Index TopHat BAM files

ls tophat/*/accepted_hits.bam | sed -e 's/.bam$//' | xargs -ixxx \
bsub -o xxx.index.o -e xxx.index.e \
-R'select[mem>1000] rusage[mem=1000]' -M1000 \
/software/team31/bin/samtools index xxx.bam

Check jobs ran OK:
ls tophat/*/accepted_hits.bam | wc -l && \
grep -l 'Successfully completed' tophat/*/accepted_hits.index.o | wc -l && \
grep -l 'Exited' tophat/*/accepted_hits.index.o | wc -l

Count reads with HTSeq for TopHat BAM files

Mus_musculus.GRCm38.78.gtf has lines containing attributes like:
gene_name "FMN1;"; gene_source "ensembl"; gene_biotype "protein_coding"; transcript_name "FMN1;-201";

HTSeq assumes no semicolons in attribute values, so remove with:
sed -e 's/;";/";/' ref/Mus_musculus.GRCm38.78.gtf | sed -e 's/;-/-/' > ref/Mus_musculus.GRCm38.78.fixed.gtf

Also, remove retained intron transcripts:
grep -v retained_intron ref/Mus_musculus.GRCm38.78.fixed.gtf > ref/Mus_musculus.GRCm38.78.fixed.noretained.gtf

for base in `ls tophat/*/accepted_hits.bam | sed -e 's/\/accepted_hits.bam$//'`
do
bsub -o $base.htseq-count.o -e $base.htseq-count.e \
-n2 -R'span[hosts=1] select[mem>2000] rusage[mem=2000]' -M2000 \
"/software/team31/bin/samtools-0.1.19 sort -n -o $base/accepted_hits.bam $base.sorted \
| /software/team31/bin/samtools-0.1.19 view - \
| /software/team31/python/bin/htseq-count --stranded=reverse - ref/Mus_musculus.GRCm38.78.fixed.noretained.gtf \
> $base.count"
done

Check jobs ran OK:
ls tophat/*/accepted_hits.bam | wc -l && \
grep -l 'Successfully completed' tophat/*.htseq-count.o | wc -l && \
grep -l 'Exited' tophat/*.htseq-count.o | wc -l

Get annotation for each Ensembl gene

(Ensure Ensembl version matches version mapped to.)
bsub -o annotation.o -e annotation.e \
-R'select[mem>500] rusage[mem=500]' -M500 \
"perl -I/software/team31/ensembl/branch-ensembl-78/ensembl/modules \
~is1/checkouts/bio-misc/get_ensembl_gene_annotation.pl \
--species Mus_musculus > annotation.txt"

Check job ran OK:
echo 1 && \
grep -l 'Successfully completed' annotation.o | wc -l && \
grep -l 'Exited' annotation.o | wc -l

Merge count data

mkdir deseq2
awk '{ print $1 }' `ls tophat/*.count | head -1` | grep ENS | sort \
> deseq2/counts.txt
cat /dev/null > deseq2/counts-header.txt
echo -e "\tcondition" > deseq2/samples.txt
for sample in `ls tophat/*.count | sed -e 's/tophat\///' | sed -e 's/.count$//'`
do
condition=`echo $sample | sed -e 's/[0-9]*$//'`
echo -ne "\t$sample" >> deseq2/counts-header.txt
join -j1 deseq2/counts.txt <(sort tophat/$sample.count) \
> deseq2/counts.tmp
mv deseq2/counts.tmp deseq2/counts.txt
echo -e "$sample\t$condition" >> deseq2/samples.txt
done
cat deseq2/counts-header.txt <(echo) deseq2/counts.txt \
| sed -e 's/ /\t/g' > deseq2/counts.tmp
rm deseq2/counts-header.txt
mv deseq2/counts.tmp deseq2/counts.txt

Alternatively, if you have multiple experiments, then you'll need to split the counts.txt and samples.txt files up.
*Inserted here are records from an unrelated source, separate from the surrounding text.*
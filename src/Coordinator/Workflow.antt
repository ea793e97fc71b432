-- ===== src/Coordinator/Workflow.antt =====
-- runtime/workflow_coordinator.py, the loop of a workflow, and its resumption. `worlds n` is what the
-- n-th execution of a task meets and `times n` gives the times in the n-th round. A hook either raises or not.
use agent_manager.Prelude.Actions.{◌>>=◌, ◌>>◌, pure}
use agent_manager.Prelude.Dict
use agent_manager.Prelude.Dict.{Dict}
use agent_manager.Prelude.Int.{ℤ}
use agent_manager.Prelude.{
  ℕ, zero, suc, ◌+◌, String, Bool, true, false, not, ◌&&◌, ◌||◌, Result, ok, Exec, Option, none,
  some, List, [], ◌∷◌, ◌++◌, length, ltb, ◌==◌, if◌then◌else◌,
}
use agent_manager.StateManager.Transitions.{TaskState, completed}
use agent_manager.StateManager.Machine.{Repository}
use agent_manager.Dag.Digraph.{Digraph}
use agent_manager.Dag.Engine
use agent_manager.Dag.Engine.{
  DagEngine, DagNode, TaskStatus, missing_key, get_ready_nodes, get_node, same_status,
}
use agent_manager.SchedulerEngine.Engine.{
  is_completed, is_failed, is_empty, execute_scheduled_tasks, mark_completed,
}
use agent_manager.Runtime.Errors.{PyError, decimal}
use agent_manager.Runtime.Context
use agent_manager.Runtime.Context.{
  ExecutionContext, ExecutionStatus, Fields, texts, text, number, EventType, workflow_started,
  workflow_completed, workflow_failed,
}
use agent_manager.Runtime.Executor.{CheckpointManager}
use agent_manager.Recovery.Repairs.{Pipeline}
use agent_manager.Coordinator.State.{Coordinator, World, in_scheduler, current_state, shift_state}
use agent_manager.Coordinator.Memory.{write_task_result_to_memory}
use agent_manager.Coordinator.Tasks.{set_node, then_do, execute_scheduled_task}
use agent_manager.Coordinator.Stages.{
  with_status, all_terminal, clear_backoff, for_each, register_missing_tasks, mark_ready,
  sync_scheduler_failures, find_ready,
}

pub record WorkflowRunResult : Type 0 where
  pub workflow_id : String
  pub success : Bool
  pub completed_tasks : List String
  pub failed_tasks : List String
  pub execution_contexts : Dict ExecutionContext

-- `checkpoint.status == COMPLETED`
unfoldable pub is_done : ExecutionStatus → Bool
is_done Context.completed = true
is_done _ = false

abbrev bool_text : Bool → String
bool_text true = "True"
bool_text false = "False"

module _ {R M G : Type 0} where
  unfoldable pub publish_workflow :
      EventType → String → Fields → Exec (Coordinator R M G) PyError (Unit {0})
  publish_workflow event_type workflow_id payload c = (
    ok tt,
    record c {
      executor = record c.executor {
        published =
            c.executor.published
            ++ record { event_type = event_type; workflow_id = workflow_id; payload = payload }
              ∷ [];
      };
    },
  )

  unfoldable pub run_hooks :
      Option (String → Fields → Result PyError (Unit {0}))
      → String
      → Fields
      → Exec (Coordinator R M G) PyError (Unit {0})
  run_hooks none event context c = (ok tt, c)
  run_hooks (some hook) event context c = (hook event context, c)

module _ {R M G : Type 0} (ops : Repository R) (graph : Digraph G) (manager : CheckpointManager M)
    (pipeline : Option (Pipeline R M)) (metadata : String → Fields) (priority_of : Fields → ℤ)
    (hooks : Option (String → Fields → Result PyError (Unit {0}))) (worlds : ℕ → World)
    (times : ℕ → ℕ → ℕ) where
  unfoldable pub execute_next : String → Exec (Coordinator R M G) PyError (Unit {0})
  execute_next task_id c =
      execute_scheduled_task ops graph manager pipeline metadata (worlds c.executed) task_id
        (record c { executed = c.executed + 1 })

  -- A round of the loop up to `running_tasks`.
  unfoldable pub dispatch : (round : ℕ) → Exec (Coordinator R M G) PyError (Unit {0})
  dispatch round = do
    ids ← find_ready ops graph manager pipeline metadata priority_of
    mark_ready ops graph manager pipeline metadata priority_of (times round 0) ids
    then_do ops graph manager pipeline metadata (λ c. record c {
      scheduler =
          execute_scheduled_tasks (times round)
            (record c.scheduler { tasks = clear_backoff ids c.scheduler.tasks });
    })
    sync_scheduler_failures ops graph manager pipeline metadata priority_of (times round 0)

  -- The `for` loop, with the number of rounds that are left.
  unfoldable pub rounds : (left round idle : ℕ) → Exec (Coordinator R M G) PyError (Unit {0})
  rounds zero round idle = pure tt
  rounds (suc left) round idle = do
    dispatch round
    (λ c. elim (is_empty c.scheduler.running_tasks) [
      | true ↦ elim (all_terminal c.scheduler.tasks || ltb 2 (idle + 1)) [
        | true ↦ (ok tt, c)
        | false ↦ rounds left (suc round) (idle + 1) c
      ]
      | false ↦
          (do
            for_each c.scheduler.running_tasks execute_next
            (λ c'. elim (all_terminal c'.scheduler.tasks) [
              | true ↦ (ok tt, c')
              | false ↦ rounds left (suc round) 0 c'
            ]))
            c
    ])

  unfoldable pub summary : String → Coordinator R M G → WorkflowRunResult
  summary workflow_id c =
      let done = with_status is_completed c.scheduler.tasks in
      let lost = with_status is_failed c.scheduler.tasks in
      record {
        workflow_id = workflow_id;
        success = is_empty lost && length done == length c.scheduler.tasks;
        completed_tasks = done;
        failed_tasks = lost;
        execution_contexts = c.executor.execution_contexts;
      }

  unfoldable pub conclude_workflow : String → Exec (Coordinator R M G) PyError WorkflowRunResult
  conclude_workflow workflow_id c =
      let result = summary workflow_id c in
      (do
        publish_workflow (if result.success then workflow_completed else workflow_failed)
            workflow_id
            (("completed_tasks", texts result.completed_tasks)
              ∷ ("failed_tasks", texts result.failed_tasks)
              ∷ ("task_count", number (length c.scheduler.tasks))
              ∷ [])
        run_hooks hooks "after_workflow_run" (
            ("workflow_id", text workflow_id)
            ∷ ("success", text (bool_text result.success))
            ∷ ("completed_count", text (decimal (length result.completed_tasks)))
            ∷ ("failed_count", text (decimal (length result.failed_tasks)))
            ∷ [])
        pure result)
        c

  unfoldable pub run_workflow :
      (max_iterations : ℕ) → String → Exec (Coordinator R M G) PyError WorkflowRunResult
  run_workflow max_iterations workflow_id = do
    register_missing_tasks ops graph manager pipeline metadata priority_of
    run_hooks hooks "before_workflow_run" (("workflow_id", text workflow_id) ∷ [])
    (λ c.
        publish_workflow workflow_started workflow_id
          (("task_count", number (length c.dag.nodes)) ∷ []) c)
    rounds max_iterations 0 0
    conclude_workflow workflow_id

  -- `_restore_completed_tasks_from_checkpoints` for a task that its checkpoint has as completed
  unfoldable pub complete_unless :
      String
      → (now : ℕ) → Option TaskState × Coordinator R M G
      → Result PyError (Unit {0}) × Coordinator R M G
  complete_unless task_id now (some completed, c) = (ok tt, c)
  complete_unless task_id now (s, c) =
      shift_state ops task_id completed "Restored from checkpoint" now c

  unfoldable pub if_node :
      String
      → Exec (Coordinator R M G) PyError (Unit {0})
      → Exec (Coordinator R M G) PyError (Unit {0})
  if_node task_id f c = elim (Dict.get c.dag.nodes task_id) [ none ↦ (ok tt, c) | some node ↦ f c ]

  unfoldable pub restore_completed :
      (now : ℕ) → String → Exec (Coordinator R M G) PyError (Unit {0})
  restore_completed now task_id = do
    if_node task_id (set_node ops graph manager pipeline metadata task_id Engine.completed)
    in_scheduler (mark_completed task_id)
    (λ c. complete_unless task_id now (current_state ops task_id c))
    if_node task_id (
        then_do ops graph manager pipeline metadata
          (write_task_result_to_memory now task_id (metadata task_id) "restored"))

  unfoldable pub restore_from :
      (now : ℕ)
      → String
      → Result PyError (Option ExecutionContext)
      → Exec (Coordinator R M G) PyError (Unit {0})
  restore_from now task_id (ok (some checkpoint)) =
      if is_done checkpoint.status then restore_completed now task_id else pure tt
  restore_from now task_id found = pure tt

  unfoldable pub restore_completed_tasks : (now : ℕ) → Exec (Coordinator R M G) PyError (Unit {0})
  restore_completed_tasks now c =
      for_each (with_status (λ s. not (is_completed s || is_failed s)) c.scheduler.tasks)
        (λ task_id c'.
          restore_from now task_id (manager.load_checkpoint task_id c'.executor.checkpoints) c')
        c

  unfoldable pub resume_workflow :
      (max_iterations now : ℕ) → String → Exec (Coordinator R M G) PyError WorkflowRunResult
  resume_workflow max_iterations now workflow_id = do
    register_missing_tasks ops graph manager pipeline metadata priority_of
    restore_completed_tasks now
    run_workflow max_iterations workflow_id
Firstly, set an environment variable representing the experiments. For example:
expts="Bap1 Ift140"

Then split the files into separate directories:
for expt in $expts
do
mkdir -p $expt/deseq2
awk '{ print $1 }' `ls tophat/*.count | head -1` | grep ENS | sort \
> $expt/deseq2/counts.txt
cat /dev/null > $expt/deseq2/counts-header.txt
echo -e "\tcondition" > $expt/deseq2/samples.txt
for sample in `ls tophat/*.count | sed -e 's/tophat\///' | sed -e 's/.count$//' | grep ^$expt`
do
condition=`echo $sample | sed -e 's/[0-9]*$//'`
echo -ne "\t$sample" >> $expt/deseq2/counts-header.txt
join -j1 $expt/deseq2/counts.txt <(sort tophat/$sample.count) \
> $expt/deseq2/counts.tmp
mv $expt/deseq2/counts.tmp $expt/deseq2/counts.txt
echo -e "$sample\t$condition" >> $expt/deseq2/samples.txt
done
cat $expt/deseq2/counts-header.txt <(echo) $expt/deseq2/counts.txt \
| sed -e 's/ /\t/g' > $expt/deseq2/counts.tmp
rm $expt/deseq2/counts-header.txt
mv $expt/deseq2/counts.tmp $expt/deseq2/counts.txt
done

Run DESeq2

Check that deseq2/samples.txt reflects your experiment correctly. The conditions may need editing because they are derived by simply removing numeric suffixes from the sample names. Also if you have a multifactor design then you may need to add more columns (and adjust the design below). If your conditions aren't "mutant" and "sibling" then you'll need to adjust the contrasts below.
If you have multiple experiments (see above), then cd into each experiment's directory before running R.
R-3.1.2

# Load libraries
library(DESeq2)
library(RColorBrewer)
library(gplots)

# Load data
countData <- read.table( "deseq2/counts.txt", header=TRUE, row.names=1 )
samples <- read.table( "deseq2/samples.txt", header=TRUE, row.names=1 )

# Check counts and samples match
print(data.frame(names(countData), rownames(samples)))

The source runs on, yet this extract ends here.